时间:2023-05-28  来源:  作者:七月锦葵
“是呀……”
女子轻声道,“我还没有为我死去的孩儿,讨回公道……我怎么可以就这样的轻言生死呢?”
见她重又燃起生的希望,夏以沫也不由的渐渐放下心来,笑着点了点头,“嗯……”
她张了张嘴,还想说些什么,引她而来的狱卒,却在这个时候走了过来,提醒道,“越妃娘娘,时间到了,请回吧……”

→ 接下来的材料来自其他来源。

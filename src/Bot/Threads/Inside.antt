-- ===== src/Bot/Threads/Inside.antt =====
-- What a step of the session keeps, and what holds of the program however its threads interleave.
use minecraft_afk_bot.Bot.Backoff.{Duration}
use minecraft_afk_bot.Bot.Loop
use minecraft_afk_bot.Bot.Session.Link.{observe_all, down}
use minecraft_afk_bot.Bot.Session.Ends.{session-link_of, is_reading}
use minecraft_afk_bot.Bot.Session.Steps
use minecraft_afk_bot.Bot.Session.Steps.{Stage, over, Progress, Event, entered, begun}
use minecraft_afk_bot.Bot.Session.Steps.Calls.{
  has_spawned, calls_back, Tells, Explains, step_at-Tells, step_at-Explains,
}
use minecraft_afk_bot.Bot.Session.Steps.Course.{Of, Stands, env_of}
use minecraft_afk_bot.Bot.Session.Steps.Refines
use minecraft_afk_bot.Bot.Session.Steps.Refines.{step_at-Stands}
use minecraft_afk_bot.Bot.System
use minecraft_afk_bot.Bot.System.{
  Place, at_head, sleeping, admitting, in_session, returned, ended, reported, observed, released,
  System, Step, spawn, connect_returns, spawn_in, connect_in, start_on,
}
use minecraft_afk_bot.Bot.Threads.{
  Threads, Move, beside, inside, returns, call_back, stepped, inside_in, returns_in, step, run,
  started,
}
use minecraft_afk_bot.Bot.Threads.Held.{Inv, IsShut}
use minecraft_afk_bot.Bot.Threads.Places.{beside_in-Keeps}
use minecraft_afk_bot.Bot.Threads.Entries.{quiet-append, Here, Keeps}
use minecraft_afk_bot.Bot.Threads.Runs.{Ensured, run-keeps}
use minecraft_afk_bot.Gophertunnel.{Constants}
use minecraft_afk_bot.Mcproto.{Protocol}
use minecraft_afk_bot.Presence.Api.{Api}
use minecraft_afk_bot.Presence.Gate
use minecraft_afk_bot.Presence.Gate.{admitted}
use minecraft_afk_bot.Presence.Reconciler.{Reconciler, set_connected}
use minecraft_afk_bot.Prelude.{
  Text, ℕ, ◌≡◌, refl, ap, sym, subst, ◌∙◌, true, false, List, [], ◌∷◌, Option, none, some,
}

module _ {Position Schema : Type 0} (k : Constants) (v : ℕ) (baked : Protocol Schema) where
  -- A session that has returned has closed what it opened.
  over-IsShut :
      (p : Progress Position) (err : Option Text) → Stands k v baked (over err) p.actions → IsShut p
  over-IsShut p err (c, e) =
      subst (λ x. (observe_all down x.0).is_open ≡ is_reading x.1) e
        (ap (λ l. l.is_open) (session-link_of k (env_of k v baked c)))

  spawn_in-Here :
      (q : Place) (s : System) (p p' : Progress Position)
      → q ≡ in_session
      → Of k v baked p'
      → has_spawned p'.actions ≡ true
      → (p'.stage ≡ over none → s.world.session_done ≡ true)
      → Here k v baked in_session s p
      → Keeps k v baked p' (spawn_in q s)
  unfolding spawn_in set_connected
  spawn_in-Here q s p p' e held told explained h = rw e (record {
    told = sym told;
    held = held;
    explained = explained;
    quiet = quiet-append s.done (Loop.connected true ∷ []) h.quiet refl;
  })

  -- The session has moved on, and the loop has not.
  stayed-Here :
      (t : Threads Position) (p' : Progress Position)
      → t.system.place ≡ in_session
      → Of k v baked p'
      → has_spawned p'.actions ≡ has_spawned t.session.actions
      → (p'.stage ≡ over none → t.system.world.session_done ≡ true)
      → Here k v baked in_session t.system t.session
      → Inv k v baked (record { system = t.system; session = p' })
  stayed-Here t p' e held told explained h =
      rw e
        (record { told = h.told ∙ sym told; held = held; explained = explained; quiet = h.quiet })

  stepped-Inv :
      (api : Api) (lo hi : Duration) (event : Event Position) (t : Threads Position)
      (o : Option (Progress Position))
      → t.system.place ≡ in_session
      → Refines.Ensured k v baked o
      → Tells (calls_back event) t.session o
      → Explains t.system.world.session_done o
      → Here k v baked in_session t.system t.session
      → Ensured (Inv k v baked) (stepped api lo hi event t.system o)
  unfolding stepped call_back System.step
  stepped-Inv api lo hi event t none e held told explained h = tt
  stepped-Inv api lo hi (entered none xuid) t (some p') e held told explained h =
      spawn_in-Here t.system.place t.system t.session p' e held told explained h
  stepped-Inv api lo hi event t (some p') e held told explained h =
      stayed-Here t p' e held told explained h

  inside_in-Inv :
      (api : Api) (lo hi : Duration) (event : Event Position) (q : Place) (t : Threads Position)
      → t.system.place ≡ q
      → Here k v baked q t.system t.session
      → Ensured (Inv k v baked) (inside_in api lo hi k v baked event q t)
  unfolding inside_in Steps.step
  inside_in-Inv api lo hi event in_session t e h =
      let done = t.system.world.session_done in
      let p = t.session in
      stepped-Inv api lo hi event t (Steps.step_at k v baked done p.stage event p) e
        (step_at-Stands k v baked done p.stage event p h.held)
        (step_at-Tells k v baked done p.stage event p)
        (step_at-Explains k v baked done p.stage event p) h
  inside_in-Inv api lo hi event _ t e h = tt

  connect_in-Keeps :
      (err : Option Text) (lasted : Duration) (q : Place) (s : System) (p : Progress Position)
      → p.stage ≡ over err
      → Here k v baked q s p
      → Keeps k v baked p (connect_in err lasted q s)
  unfolding connect_in
  connect_in-Keeps none lasted in_session s p e h = record {
    told = h.told;
    held = over-IsShut p none (subst (λ x. Stands k v baked x p.actions) e h.held);
    explained = h.explained e;
    quiet = h.quiet;
  }
  connect_in-Keeps (some err) lasted in_session s p e h = record {
    told = h.told;
    held = over-IsShut p (some err) (subst (λ x. Stands k v baked x p.actions) e h.held);
    explained = tt;
    quiet = h.quiet;
  }
  connect_in-Keeps err lasted _ s p e h = tt

  returns_in-Inv :
      (api : Api) (lo hi lasted : Duration) (stage : Stage) (t : Threads Position)
      → t.session.stage ≡ stage
      → Inv k v baked t
      → Ensured (Inv k v baked) (returns_in api lo hi lasted stage t)
  unfolding returns_in System.step
  returns_in-Inv api lo hi lasted (over err) t e h =
      connect_in-Keeps err lasted t.system.place t.system t.session e h
  returns_in-Inv api lo hi lasted _ t e h = tt

  step-Inv :
      (api : Api) (lo hi : Duration) (m : Move Position) (t : Threads Position)
      → Inv k v baked t
      → Ensured (Inv k v baked) (step api lo hi k v baked m t)
  unfolding step
  step-Inv api lo hi (beside x) t h = beside_in-Keeps k v baked api lo hi x t h
  step-Inv api lo hi (inside event) t h = inside_in-Inv api lo hi event t.system.place t refl h
  step-Inv api lo hi (returns lasted) t h = returns_in-Inv api lo hi lasted t.session.stage t refl h

  pub reachable-Inv :
      (api : Api) (lo hi : Duration) (r : Reconciler) (moves : List (Move Position))
      (t : Threads Position)
      → r.connected ≡ false
      → run api lo hi k v baked moves (started r lo) ≡ some t
      → Inv k v baked t
  unfolding started start_on Gate.start
  reachable-Inv api lo hi r moves t fresh e =
      run-keeps api lo hi k v baked (Inv k v baked) (step-Inv api lo hi) moves (started r lo) t e
        (record { told = fresh; held = refl; explained = tt; quiet = refl })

夏以沫不想就这么离开,还想再多留一会儿,顾绣如却温声劝道,“沫儿妹妹,你要说的,我都明白……你放心,我会好好保重自己的,你先回去吧……”
听她这样说,夏以沫也只得道,“那好吧……”
顿了顿,“娴妃姐姐,你放心,我一定会救你出去的……”
她覆在女子手背上的指尖,坚定如铁。就如同她此时的决心一样。
顾绣如笑了笑,“我相信你……回去吧,照顾好自己……”
两人四目相对,从各自的眼中,都看到了一样的坚定。
夏以沫点了点头,没有再说什么。
转身,出了地牢。
顾绣如听着沉重的牢门,在她身后,缓缓关紧,那一线照进来的微光,也仿佛随着她的离去,而被带了走。
阴寒森冷的地牢,仿佛一刹那间,又恢复了原有的黑暗与死寂。
如同坟墓一样的死寂。
顾绣如望着这没有一丝光亮的地牢,心头却终是不由的划过一丝茫然。
地牢外,正是华灯初上的璀璨光景。
夜色阑珊。一片漆幽。
……
夏以沫回到缀锦阁的时候,宇文熠城正在等她。
蓦地看到他,夏以沫不是不惊讶的,愣了愣,半响,方道,“你怎么会在这儿?”
听到她开口的第一句话,就是这样,宇文熠城一双墨如点漆般的眸子,瞬时划过一丝不满,浓眉紧紧蹙起,道,“孤在自己的宫中,想要来哪个妃嫔的寝殿,难道还要先征得你的同意吗?”
夏以沫似乎没有料到,自己无心的一句话,竟也会惹来他的不满,微微怔愣了一下。
片刻之后,她却是突然缓缓的走近他,在他面前站定,然后,轻轻伸出手,将他抱了住……一张脸,也不由的埋进他温暖的胸膛,如小猫一般蹭了蹭……
这样的亲昵与依赖,她亦许久没有对他做过。一刹那间,宇文熠城只觉心头一软,将她揽的更紧了些,连一把清冽的嗓音,都不自觉的放柔放轻,温声道,“怎么了?”
夏以沫在他怀中拱了拱,环抱住他腰身的手臂,也下意识的缠紧了些,因为她整张脸,都埋在他的胸膛间,说出口的话音,不禁就有些瓮声瓮气,反倒衬得那一把清澈的嗓音,越发柔软如细小的羽毛,她轻声道,“宇文熠城,你放了娴妃姐姐,好不好?”
听到她难得的亲昵与依赖,竟是为着旁人的求情,宇文熠城心中瞬时一滞,只觉说不出来的烦闷。
“夏以沫,你做这些,就是为着替娴妃求情,让孤放了她吗?”
男人将她推出他的怀抱,一双冷澈寒眸,凉若秋水,甚至不愿多看她一眼。
夏以沫望着他清俊的侧脸,抿了抿唇,却是再一次轻轻抱住了他,轻声开口道,“宇文熠城,我只是突然觉得心里很难过……”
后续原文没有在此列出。